_WHAT IS REQUIRED_: Your output must match the records exactly, line for line.

○ ○ ○ ○ ○ ○ ○

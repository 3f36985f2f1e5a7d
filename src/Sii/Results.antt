-- ===== src/Sii/Results.antt =====
-- What ec_sii_read of src/ec_sii.c returns.
use cherry_ecat.Prelude.{
  ℕ, zero, suc, ◌+◌, ◌/◌, ◌%◌, ◌<◌, ◌≡◌, refl, ap, List, Bool, false, not, arith, length, leb, ◌==◌,
  u16_mod,
}
use cherry_ecat.Slave.{Slave}
use cherry_ecat.Exchange.{Io, Errno, fail_if}
use cherry_ecat.Exchange.Facts.{Gives, Gives-next, Gives-any, Gives-fail_if}
use cherry_ecat.Sii.{assign_master, assign_pdi, read_dword, read_dwords, read}

-- `n` double words were read.
abbrev Long : ℕ → List ℕ → Io → Type 0
Long n vs w = length vs ≡ n

-- A test that did not fail.
abbrev Passed : Bool → Io → Unit {0} → Io → Type 0
Passed b w a w' = (b ≡ false) × (w' ≡ w)

read_dwords-Long : (n : ℕ) (s : Slave) (o : ℕ) (w : Io) → Gives (Long n) (read_dwords n s o w)
unfolding read_dwords
read_dwords-Long zero s o w = refl
read_dwords-Long (suc n) s o w =
    Gives-next (λ _ _. Unit) (Long (suc n)) (read_dword s (o % u16_mod) w) _
      (Gives-any (read_dword s (o % u16_mod) w))
      λ v a _.
        Gives-next (Long n) (Long (suc n)) (read_dwords n s (o + 2) a) _
          (read_dwords-Long n s (o + 2) a) λ vs b h. ap suc h

-- What a successful read says of its arguments and its result.
unfoldable pub Whole : ℕ → ℕ → ℕ → List ℕ → Io → Type 0
Whole count i len vs w = (i < count) × (len % 4 ≡ 0) × (length vs ≡ len / 4)

-- Where ec_sii_read succeeds, the slave exists, the length is a multiple of 4, and as many double
-- words as fit into the length were read.
pub read-Whole : (i o len : ℕ) (w : Io) → Gives (Whole w.slave_count i len) (read i o len w)
unfolding read Whole
read-Whole i o len w =
    Gives-next (Passed (not (len % 4 == 0)) w) (Whole w.slave_count i len)
      (fail_if (not (len % 4 == 0)) Errno.inval w) _
      (Gives-fail_if (not (len % 4 == 0)) Errno.inval w)
      λ _ a c.
        Gives-next (Passed (leb a.slave_count i) a) (Whole w.slave_count i len)
          (fail_if (leb a.slave_count i) Errno.inval a) _
          (Gives-fail_if (leb a.slave_count i) Errno.inval a)
          λ _ b d.
            Gives-next (λ _ _. Unit) (Whole w.slave_count i len) (assign_master (a.slaves i) b) _
              (Gives-any (assign_master (a.slaves i) b))
              λ _ e _.
                Gives-next (Long (len / 4)) (Whole w.slave_count i len)
                  (read_dwords (len / 4) (a.slaves i) o e) _
                  (read_dwords-Long (len / 4) (a.slaves i) o e)
                  λ vs f h.
                    Gives-next (λ _ _. Unit) (Whole w.slave_count i len) (assign_pdi (a.slaves i) f)
                      _ (Gives-any (assign_pdi (a.slaves i) f))
                      λ _ g _. (
                        ground (arith, d.0, ap (λ (x : Io). x.slave_count) c.1),
                        ground (arith, c.0),
                        h,
                      )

○ ○ ○ ○ ○ ○ ○

_YOUR RESPONSE_:
repository 3f36985f2f1e5a7d
filename src/Sii/Results.antt
-- ===== src/Sii/Results.antt =====
-- What ec_sii_read of src/ec_sii.c returns.
use cherry_ecat.Prelude.{
  ℕ, zero, suc, ◌+◌, ◌/◌, ◌%◌, ◌<◌, ◌≡◌, refl, ap, List, Bool, false, not, arith, length, leb, ◌==◌,
  u16_mod,
}
use cherry_ecat.Slave.{Slave}
use cherry_ecat.Exchange.{Io, Errno, fail_if}
use cherry_ecat.Exchange.Facts.{Gives, Gives-next, Gives-any, Gives-fail_if}
use cherry_ecat.Sii.{assign_master, assign_pdi, read_dword, read_dwords, read}

-- `n` double words were read.
abbrev Long : ℕ → List ℕ → Io → Type 0
Long n vs w = length vs ≡ n

-- A test that did not fail.
abbrev Passed : Bool → Io → Unit {0} → Io → Type 0
Passed b w a w' = (b ≡ false) × (w' ≡ w)

read_dwords-Long : (n : ℕ) (s : Slave) (o : ℕ) (w : Io) → Gives (Long n) (read_dwords n s o w)
unfolding read_dwords
read_dwords-Long zero s o w = refl
read_dwords-Long (suc n) s o w =
    Gives-next (λ _ _. Unit) (Long (suc n)) (read_dword s (o % u16_mod) w) _
      (Gives-any (read_dword s (o % u16_mod) w))
      λ v a _.
        Gives-next (Long n) (Long (suc n)) (read_dwords n s (o + 2) a) _
          (read_dwords-Long n s (o + 2) a) λ vs b h. ap suc h

-- What a successful read says of its arguments and its result.
unfoldable pub Whole : ℕ → ℕ → ℕ → List ℕ → Io → Type 0
Whole count i len vs w = (i < count) × (len % 4 ≡ 0) × (length vs ≡ len / 4)

-- Where ec_sii_read succeeds, the slave exists, the length is a multiple of 4, and as many double
-- words as fit into the length were read.
pub read-Whole : (i o len : ℕ) (w : Io) → Gives (Whole w.slave_count i len) (read i o len w)
unfolding read Whole
read-Whole i o len w =
    Gives-next (Passed (not (len % 4 == 0)) w) (Whole w.slave_count i len)
      (fail_if (not (len % 4 == 0)) Errno.inval w) _
      (Gives-fail_if (not (len % 4 == 0)) Errno.inval w)
      λ _ a c.
        Gives-next (Passed (leb a.slave_count i) a) (Whole w.slave_count i len)
          (fail_if (leb a.slave_count i) Errno.inval a) _
          (Gives-fail_if (leb a.slave_count i) Errno.inval a)
          λ _ b d.
            Gives-next (λ _ _. Unit) (Whole w.slave_count i len) (assign_master (a.slaves i) b) _
              (Gives-any (assign_master (a.slaves i) b))
              λ _ e _.
                Gives-next (Long (len / 4)) (Whole w.slave_count i len)
                  (read_dwords (len / 4) (a.slaves i) o e) _
                  (read_dwords-Long (len / 4) (a.slaves i) o e)
                  λ vs f h.
                    Gives-next (λ _ _. Unit) (Whole w.slave_count i len) (assign_pdi (a.slaves i) f)
                      _ (Gives-any (assign_pdi (a.slaves i) f))
                      λ _ g _. (
                        ground (arith, d.0, ap (λ (x : Io). x.slave_count) c.1),
                        ground (arith, c.0),
                        h,
                      )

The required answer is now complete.